Collected data entries
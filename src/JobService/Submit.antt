-- ===== src/JobService/Submit.antt =====
-- `submit` and `status` of the service. No other session completes a job of the same identity
-- between a reconciliation's reads and its commit.
use partha.Prelude.{ℕ, true, false, Option, none, some, coalesce, if◌then◌else◌}
use partha.Table.{update_row}
use partha.Jobs.{queued, completed, done, AnalysisJob, RevisionKind, job_key}
use partha.Database.{RepositoryRecord, RiSnapshot, Database}
use partha.Session.{
  Raised, integrity_error, Exec, pure, raise, catch, ◌>>=◌, ◌>>◌, modify, commit, rollback,
  read_clock,
}
use partha.JobService.{AnalysisJobService}
use partha.JobService.Lookup.{
  get_record, reload_record, require_revision, completed_snapshot, active_job, effective_job,
  latest_job, job_for_snapshot,
}
use partha.JobService.Rows.{
  insert_job, prepared_record, completed_record, set_record, reconciled_job, is_reconciled,
}

module _ (service : AnalysisJobService) (others : Database → Database) where
  open service use {owner_id, config_hash, clock}

  -- Every column of both rows is written, whatever stood there.
  unfoldable pub write_completed : RepositoryRecord → AnalysisJob → RiSnapshot → Exec AnalysisJob
  write_completed r j s = do
    now ← read_clock clock
    let completed_at = coalesce s.sealed_at now
    let after = reconciled_job s completed_at now j
    modify (λ db. set_record r.id (completed_record completed_at) (record db {
      jobs = (update_row job_key j.id (λ _. true) (reconciled_job s completed_at now) db.jobs).0;
    }))
    commit
    pure after

  unfoldable pub reconcile_completed_job :
      RepositoryRecord → AnalysisJob → RiSnapshot → Exec AnalysisJob
  unfolding write_completed
  reconcile_completed_job r j s = if is_reconciled r j s then pure j else write_completed r j s

  -- The row of a job that never ran: its snapshot was sealed before.
  abbrev pub completed_row :
      ℕ → RepositoryRecord → RevisionKind → ℕ → RiSnapshot → ℕ → ℕ → ℕ → AnalysisJob
  completed_row fresh r kind value s completed_at created updated = record {
    id = fresh;
    repository_id = r.id;
    owner_id = owner_id;
    revision_kind = kind;
    revision_value = value;
    config_hash = config_hash;
    status = completed;
    stage = some done;
    progress = 100;
    attempt = 0;
    max_attempts = 3;
    cancel_requested = false;
    worker_id = none;
    lease_expires_at = none;
    next_attempt_at = none;
    snapshot_id = some s.snapshot_id;
    error_code = none;
    error_message = none;
    created_at = created;
    updated_at = updated;
    started_at = some s.created_at;
    completed_at = some completed_at;
  }

  abbrev pub queued_row : ℕ → RepositoryRecord → RevisionKind → ℕ → ℕ → ℕ → AnalysisJob
  queued_row fresh r kind value created updated = record {
    id = fresh;
    repository_id = r.id;
    owner_id = owner_id;
    revision_kind = kind;
    revision_value = value;
    config_hash = config_hash;
    status = queued;
    stage = none;
    progress = 0;
    attempt = 0;
    max_attempts = 3;
    cancel_requested = false;
    worker_id = none;
    lease_expires_at = none;
    next_attempt_at = none;
    snapshot_id = none;
    error_code = none;
    error_message = none;
    created_at = created;
    updated_at = updated;
    started_at = none;
    completed_at = none;
  }

  -- What an `except IntegrityError` does; any other exception goes on.
  abbrev pub on_integrity_error : Exec AnalysisJob → Raised → Exec AnalysisJob
  on_integrity_error handler integrity_error = handler
  on_integrity_error handler e = raise e

  -- Another submission has inserted the row first.
  unfoldable pub existing_or_raise : RepositoryRecord → RiSnapshot → Exec AnalysisJob
  unfolding reconcile_completed_job
  existing_or_raise r s = do
    rollback
    after ← reload_record service r.id
    existing ← job_for_snapshot service after.id s.snapshot_id
    effective ← effective_job service after.id
    elim existing [
      | some j ↦ reconcile_completed_job after j s
      | none ↦ elim effective [
        | some j ↦ reconcile_completed_job after j s
        | none ↦ raise integrity_error
      ]
    ]

  unfoldable pub insert_completed_job : ℕ → RepositoryRecord → RiSnapshot → Exec AnalysisJob
  unfolding existing_or_raise
  insert_completed_job fresh r s = do
    now ← read_clock clock
    let completed_at = coalesce s.sealed_at now
    revision ← require_revision service r
    created ← read_clock clock
    updated ← read_clock clock
    let row = completed_row fresh r revision.0 revision.1 s completed_at created updated
    catch (do insert_job others row (set_record r.id (completed_record completed_at)); pure row)
        (on_integrity_error (existing_or_raise r s))

  -- A concurrent submission or completion has won the effective identity.
  unfoldable pub effective_or_raise : RepositoryRecord → Exec AnalysisJob
  unfolding reconcile_completed_job
  effective_or_raise r = do
    rollback
    after ← reload_record service r.id
    revision ← require_revision service after
    sealed ← completed_snapshot service after revision.1
    effective ← effective_job service after.id
    elim effective [
      | none ↦ raise integrity_error
      | some j ↦ elim sealed [ none ↦ pure j | some s ↦ reconcile_completed_job after j s ]
    ]

  unfoldable pub insert_queued_job : ℕ → RepositoryRecord → Exec AnalysisJob
  unfolding effective_or_raise
  insert_queued_job fresh r = do
    revision ← require_revision service r
    created ← read_clock clock
    updated ← read_clock clock
    let row = queued_row fresh r revision.0 revision.1 created updated
    catch (do insert_job others row (set_record r.id prepared_record); pure row)
        (on_integrity_error (effective_or_raise r))

  -- The sealed snapshot of the identity exists.
  unfoldable pub submit_sealed : ℕ → RepositoryRecord → RiSnapshot → Exec AnalysisJob
  unfolding insert_completed_job reconcile_completed_job
  submit_sealed fresh r s = do
    existing ← job_for_snapshot service r.id s.snapshot_id
    elim existing [ none ↦ insert_completed_job fresh r s | some j ↦ reconcile_completed_job r j s ]

  -- It does not.
  unfoldable pub submit_open : ℕ → RepositoryRecord → Exec AnalysisJob
  unfolding insert_queued_job
  submit_open fresh r = do
    active ← active_job service r.id
    elim active [ none ↦ insert_queued_job fresh r | some j ↦ pure j ]

  unfoldable pub submit : ℕ → ℕ → Exec AnalysisJob
  unfolding submit_sealed submit_open
  submit fresh repository_id = do
    r ← get_record service repository_id
    revision ← require_revision service r
    sealed ← completed_snapshot service r revision.1
    elim sealed [ none ↦ submit_open fresh r | some s ↦ submit_sealed fresh r s ]

  unfoldable pub status_sealed : ℕ → RepositoryRecord → RiSnapshot → Exec (Option AnalysisJob)
  unfolding insert_completed_job reconcile_completed_job
  status_sealed fresh r s = do
    existing ← job_for_snapshot service r.id s.snapshot_id
    effective ← effective_job service r.id
    j ← elim existing [
      | some j ↦ reconcile_completed_job r j s
      | none ↦ elim effective [
        | some j ↦ reconcile_completed_job r j s
        | none ↦ insert_completed_job fresh r s
      ]
    ]
    pure (some j)

  unfoldable pub status : ℕ → ℕ → Exec (Option AnalysisJob)
  unfolding status_sealed
  status fresh repository_id = do
    r ← get_record service repository_id
    revision ← require_revision service r
    sealed ← completed_snapshot service r revision.1
    elim sealed [ none ↦ latest_job service repository_id | some s ↦ status_sealed fresh r s ]
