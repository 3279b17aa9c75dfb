-- ===== src/JobService/Submission.antt =====
-- `submit` and `status` of the service keep the queue valid, whatever other sessions do meanwhile
-- that keeps it valid too.
use partha.Prelude.{
  ℕ, ◌≡◌, refl, true, false, Option, none, some, List, [], ◌∷◌, ◌++◌, ◌==◌, All, arith, coalesce,
  Bool-cases, inl, inr,
}
use partha.Table.{find, IsKeyed}
use partha.Jobs.{AnalysisJob, job_key}
use partha.Jobs.Valid.{IsValid, IsQueue}
use partha.Database.{RepositoryRecord, RiSnapshot, Database}
use partha.Session.{Session, Exec, Raised, integrity_error, pure, ◌>>=◌, read_clock}
use partha.Session.Rules.{
  Ensures, Ensures-modify, Ensures-read_clock, Ensures-bind, Ensures-catch, Ensures-weaken,
}
use partha.Session.Keeps.{Keeps, Keeps-pure, Keeps-raise, Keeps-if, Keeps-bind, Keeps-option}
use partha.ControlPlane.Valid.{update_row-IsQueue}
use partha.Worker.Valid.{IsSound, Keeps-commit, Keeps-rollback, Keeps-read_clock}
use partha.JobService.{AnalysisJobService}
use partha.JobService.Queries.{
  Keeps-get_record, Keeps-reload_record, Keeps-require_revision, Keeps-completed_snapshot,
  Keeps-job_for_snapshot, Keeps-effective_job, Keeps-active_job, Keeps-latest_job,
}
use partha.JobService.Rows.{collides, insert_job, reconciled_job}
use partha.JobService.Submit.{
  write_completed, reconcile_completed_job, on_integrity_error, existing_or_raise,
  insert_completed_job, effective_or_raise, insert_queued_job, submit_sealed, submit_open, submit,
  status_sealed, status,
}

find_append :
    (i : ℕ) (j : AnalysisJob) (jobs : List AnalysisJob)
    → find job_key i jobs ≡ none
    → j.id == i ≡ false
    → find job_key i (jobs ++ j ∷ []) ≡ none
find_append i j [] h ne = rw ne refl
find_append i j (x ∷ t) h ne = elim (Bool-cases (x.id == i)) [
  | inl e ↦ cc ((rw e at h))
  | inr e ↦ rw e (find_append i j t ((rw e at h)) ne)
]

-- A row with a new id and a valid content joins the queue.
append-IsKeyed :
    (j : AnalysisJob) (jobs : List AnalysisJob)
    → IsKeyed job_key jobs
    → find job_key j.id jobs ≡ none
    → IsKeyed job_key (jobs ++ j ∷ [])
append-IsKeyed j [] k h = (refl, tt)
append-IsKeyed j (x ∷ t) k h = elim (Bool-cases (x.id == j.id)) [
  | inl e ↦ cc ((rw e at h))
  | inr e ↦ (find_append x.id j t k.0 ground arith, append-IsKeyed j t k.1 ((rw e at h)))
]

All-append_one :
    (j : AnalysisJob) (jobs : List AnalysisJob)
    → All IsValid jobs
    → IsValid j
    → All IsValid (jobs ++ j ∷ [])
All-append_one j [] h v = (v, tt)
All-append_one j (x ∷ t) h v = (h.0, All-append_one j t h.1 v)

-- The queue is valid, and what others have committed by the time of an insert has no row of the id
-- that the insert takes.
pub record IsFresh (fresh : ℕ) (others : Database → Database) (s : Session) : Type 0 where
  pub sound : IsSound s
  pub new_id : find job_key fresh (others s.committed).jobs ≡ none

-- From there, the action leaves a valid queue.
abbrev pub Ends : {A : Type 0} → ℕ → (Database → Database) → Exec A → Type 0
Ends fresh others m = Ensures (IsFresh fresh others) m (λ _. IsSound) (λ _. IsSound)

module _ (fresh : ℕ) (others : Database → Database) where
  Ends-sound : {A : Type 0} (m : Exec A) → Keeps IsSound m → Ends fresh others m
  Ends-sound m k = Ensures-weaken m (λ s h. h.sound) (λ a s h. h) (λ e s h. h) k

  Ends-bind :
      {A B : Type 0} (m : Exec A) (f : A → Exec B)
      → Keeps (IsFresh fresh others) m
      → ((a : A) → Ends fresh others (f a))
      → Ends fresh others (m >>= f)
  Ends-bind m f km kf =
      Ensures-bind (λ _. IsFresh fresh others) m f
        (Ensures-weaken m (λ s h. h) (λ a s h. h) (λ e s h. h.sound) km) kf

  Ends-option :
      {A B : Type 0} (o : Option B) (m : Exec A) (f : B → Exec A)
      → Ends fresh others m
      → ((b : B) → Ends fresh others (f b))
      → Ends fresh others (elim o [ none ↦ m | some b ↦ f b ])
  Ends-option none m f km kf = km
  Ends-option (some b) m f km kf = kf b

  IsFresh-read_clock : (clock : ℕ → ℕ) → Keeps (IsFresh fresh others) (read_clock clock)
  IsFresh-read_clock clock =
      Ensures-read_clock (λ _. IsFresh fresh others) clock
        (λ s h. record {
          sound = record { stored = h.sound.stored; open_rows = h.sound.open_rows };
          new_id = h.new_id;
        })

-- What others commit before an insert keeps the queue valid.
module _ (others : Database → Database)
    (keeps : (db : Database) → IsQueue db.jobs → IsQueue (others db).jobs) where
  -- The row, whose content is valid, is new.
  Ends-insert_job :
      (row : AnalysisJob) (also : Database → Database)
      → IsValid row
      → ((db : Database) → (also db).jobs ≡ db.jobs)
      → Ends row.id others (insert_job others row also)
  unfolding insert_job
  Ends-insert_job row also v same = record {
    at = λ s h. elim (Bool-cases (collides row (others s.committed).jobs)) [
      | inl e ↦ rw e (record {
        stored = keeps s.committed h.sound.stored;
        open_rows = rw (same _) (joined s.committed h.sound.stored h.new_id);
      })
      | inr e ↦ rw e (record {
        stored = rw (same _) (joined s.committed h.sound.stored h.new_id);
        open_rows = rw (same _) (joined s.committed h.sound.stored h.new_id);
      })
    ];
  }
    where
      joined :
          (db : Database)
          → IsQueue db.jobs
          → find job_key row.id (others db).jobs ≡ none
          → IsQueue ((others db).jobs ++ row ∷ [])
      joined db h new = record {
        keyed = append-IsKeyed row (others db).jobs (keeps db h).keyed new;
        valid = All-append_one row (others db).jobs (keeps db h).valid v;
      }

module _ (service : AnalysisJobService) (others : Database → Database) where
  reconciled_job-IsValid :
      (s : RiSnapshot) (at now : ℕ) (j : AnalysisJob)
      → IsValid j
      → IsValid (reconciled_job s at now j)
  reconciled_job-IsValid s at now j v = ground arith

  Keeps-write_completed :
      (r : RepositoryRecord) (j : AnalysisJob) (s : RiSnapshot)
      → Keeps IsSound (write_completed service others r j s)
  unfolding write_completed
  Keeps-write_completed r j s = Keeps-bind _ _ (Keeps-read_clock service.clock) λ now.
      Keeps-bind _ _
        (Ensures-modify IsSound _ (λ x h. record {
          stored = h.stored;
          open_rows =
              update_row-IsQueue j.id (λ _. true) (reconciled_job s (coalesce s.sealed_at now) now)
                (λ _. refl) (λ k v _. reconciled_job-IsValid s (coalesce s.sealed_at now) now k v)
                x.work.jobs h.open_rows;
        }))
        λ _. Keeps-bind _ _ Keeps-commit λ _. Keeps-pure _

  Keeps-reconcile_completed_job :
      (r : RepositoryRecord) (j : AnalysisJob) (s : RiSnapshot)
      → Keeps IsSound (reconcile_completed_job service others r j s)
  unfolding reconcile_completed_job
  Keeps-reconcile_completed_job r j s = Keeps-if _ _ _ (Keeps-pure j) (Keeps-write_completed r j s)

  Keeps-on_integrity_error :
      (m : Exec AnalysisJob) (e : Raised)
      → Keeps IsSound m
      → Keeps IsSound (on_integrity_error service others m e)
  Keeps-on_integrity_error m integrity_error k = k
  Keeps-on_integrity_error m _ k = Keeps-raise _

  Keeps-existing_or_raise :
      (r : RepositoryRecord) (s : RiSnapshot) → Keeps IsSound (existing_or_raise service others r s)
  unfolding existing_or_raise
  Keeps-existing_or_raise r s = Keeps-bind _ _ Keeps-rollback λ _.
      Keeps-bind _ _ (Keeps-reload_record service r.id) λ after.
        Keeps-bind _ _ (Keeps-job_for_snapshot service after.id s.snapshot_id) λ existing.
          Keeps-bind _ _ (Keeps-effective_job service after.id) λ effective.
            Keeps-option existing _ (λ j. reconcile_completed_job service others after j s)
              (Keeps-option effective _ (λ j. reconcile_completed_job service others after j s)
                (Keeps-raise _) (λ j. Keeps-reconcile_completed_job after j s))
              (λ j. Keeps-reconcile_completed_job after j s)

  Keeps-effective_or_raise :
      (r : RepositoryRecord) → Keeps IsSound (effective_or_raise service others r)
  unfolding effective_or_raise
  Keeps-effective_or_raise r = Keeps-bind _ _ Keeps-rollback λ _.
      Keeps-bind _ _ (Keeps-reload_record service r.id) λ after.
        Keeps-bind _ _ (Keeps-require_revision service after) λ revision.
          Keeps-bind _ _ (Keeps-completed_snapshot service after revision.1) λ sealed.
            Keeps-bind _ _ (Keeps-effective_job service after.id) λ effective.
              Keeps-option effective _
                (λ j. elim sealed [
                  | none ↦ pure j
                  | some s ↦ reconcile_completed_job service others after j s
                ])
                (Keeps-raise _)
                λ j.
                  Keeps-option sealed _ (λ s. reconcile_completed_job service others after j s)
                    (Keeps-pure j) (λ s. Keeps-reconcile_completed_job after j s)

  module _ (fresh : ℕ) (keeps : (db : Database) → IsQueue db.jobs → IsQueue (others db).jobs) where
    Ends-insert_completed_job :
        (r : RepositoryRecord) (s : RiSnapshot)
        → Ends fresh others (insert_completed_job service others fresh r s)
    unfolding insert_completed_job
    Ends-insert_completed_job r s =
        Ends-bind fresh others _ _ (IsFresh-read_clock fresh others service.clock) λ now.
          Ends-bind fresh others _ _ (Keeps-require_revision service r) λ revision.
            Ends-bind fresh others _ _ (IsFresh-read_clock fresh others service.clock) λ created.
              Ends-bind fresh others _ _ (IsFresh-read_clock fresh others service.clock) λ updated.
                Ensures-catch (λ _. IsSound) _ _
                  (Ensures-bind (λ _. IsSound) _ _
                    (Ends-insert_job others keeps _ _ (ground arith) (λ _. refl))
                    (λ _. Keeps-pure _))
                  λ e. Keeps-on_integrity_error _ e (Keeps-existing_or_raise r s)

    Ends-insert_queued_job :
        (r : RepositoryRecord) → Ends fresh others (insert_queued_job service others fresh r)
    unfolding insert_queued_job
    Ends-insert_queued_job r =
        Ends-bind fresh others _ _ (Keeps-require_revision service r) λ revision.
          Ends-bind fresh others _ _ (IsFresh-read_clock fresh others service.clock) λ created.
            Ends-bind fresh others _ _ (IsFresh-read_clock fresh others service.clock) λ updated.
              Ensures-catch (λ _. IsSound) _ _
                (Ensures-bind (λ _. IsSound) _ _
                  (Ends-insert_job others keeps _ _ (ground arith) (λ _. refl)) (λ _. Keeps-pure _))
                λ e. Keeps-on_integrity_error _ e (Keeps-effective_or_raise r)

    Ends-reconcile :
        (r : RepositoryRecord) (j : AnalysisJob) (s : RiSnapshot)
        → Ends fresh others (reconcile_completed_job service others r j s)
    Ends-reconcile r j s = Ends-sound fresh others _ (Keeps-reconcile_completed_job r j s)

    Ends-submit_sealed :
        (r : RepositoryRecord) (s : RiSnapshot)
        → Ends fresh others (submit_sealed service others fresh r s)
    unfolding submit_sealed
    Ends-submit_sealed r s =
        Ends-bind fresh others _ _ (Keeps-job_for_snapshot service r.id s.snapshot_id) λ existing.
          Ends-option fresh others existing _ (λ j. reconcile_completed_job service others r j s)
            (Ends-insert_completed_job r s) λ j. Ends-reconcile r j s

    Ends-submit_open :
        (r : RepositoryRecord) → Ends fresh others (submit_open service others fresh r)
    unfolding submit_open
    Ends-submit_open r = Ends-bind fresh others _ _ (Keeps-active_job service r.id) λ active.
        Ends-option fresh others active _ pure (Ends-insert_queued_job r)
          λ j. Ends-sound fresh others _ (Keeps-pure j)

    -- A submission leaves a valid queue, where what else is committed before its insert keeps it valid
    -- and does not take the new row's id, and however it ends.
    pub Ends-submit :
        (repository_id : ℕ) → Ends fresh others (submit service others fresh repository_id)
    unfolding submit
    Ends-submit repository_id =
        Ends-bind fresh others _ _ (Keeps-get_record service repository_id) λ r.
          Ends-bind fresh others _ _ (Keeps-require_revision service r) λ revision.
            Ends-bind fresh others _ _ (Keeps-completed_snapshot service r revision.1) λ sealed.
              Ends-option fresh others sealed _ (λ s. submit_sealed service others fresh r s)
                (Ends-submit_open r) (λ s. Ends-submit_sealed r s)

    Ends-status_sealed :
        (r : RepositoryRecord) (s : RiSnapshot)
        → Ends fresh others (status_sealed service others fresh r s)
    unfolding status_sealed
    Ends-status_sealed r s =
        Ends-bind fresh others _ _ (Keeps-job_for_snapshot service r.id s.snapshot_id) λ existing.
          Ends-bind fresh others _ _ (Keeps-effective_job service r.id) λ effective.
            Ensures-bind (λ _. IsSound) _ _
              (Ends-option fresh others existing _
                (λ j. reconcile_completed_job service others r j s)
                (Ends-option fresh others effective _
                  (λ j. reconcile_completed_job service others r j s)
                  (Ends-insert_completed_job r s) (λ j. Ends-reconcile r j s))
                (λ j. Ends-reconcile r j s))
              λ j. Keeps-pure _

    -- A reading of the status leaves a valid queue, under the same conditions as a submission: it also
    -- writes, when it finds a sealed snapshot whose job does not say that it is completed.
    pub Ends-status :
        (repository_id : ℕ) → Ends fresh others (status service others fresh repository_id)
    unfolding status
    Ends-status repository_id =
        Ends-bind fresh others _ _ (Keeps-get_record service repository_id) λ r.
          Ends-bind fresh others _ _ (Keeps-require_revision service r) λ revision.
            Ends-bind fresh others _ _ (Keeps-completed_snapshot service r revision.1) λ sealed.
              Ends-option fresh others sealed _ (λ s. status_sealed service others fresh r s)
                (Ends-sound fresh others _ (Keeps-latest_job service repository_id))
                (λ s. Ends-status_sealed r s)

■ **Work instruction**
In restating the data, begin at its first line, reproduce each line word for word, and conclude with the line that contains "-- between a".

■ **Expected output**
filename src/JobService/Submit.antt
-- ===== src/JobService/Submit.antt =====
-- `submit` and `status` of the service. No other session completes a job of the same identity
-- between a reconciliation's reads and its commit.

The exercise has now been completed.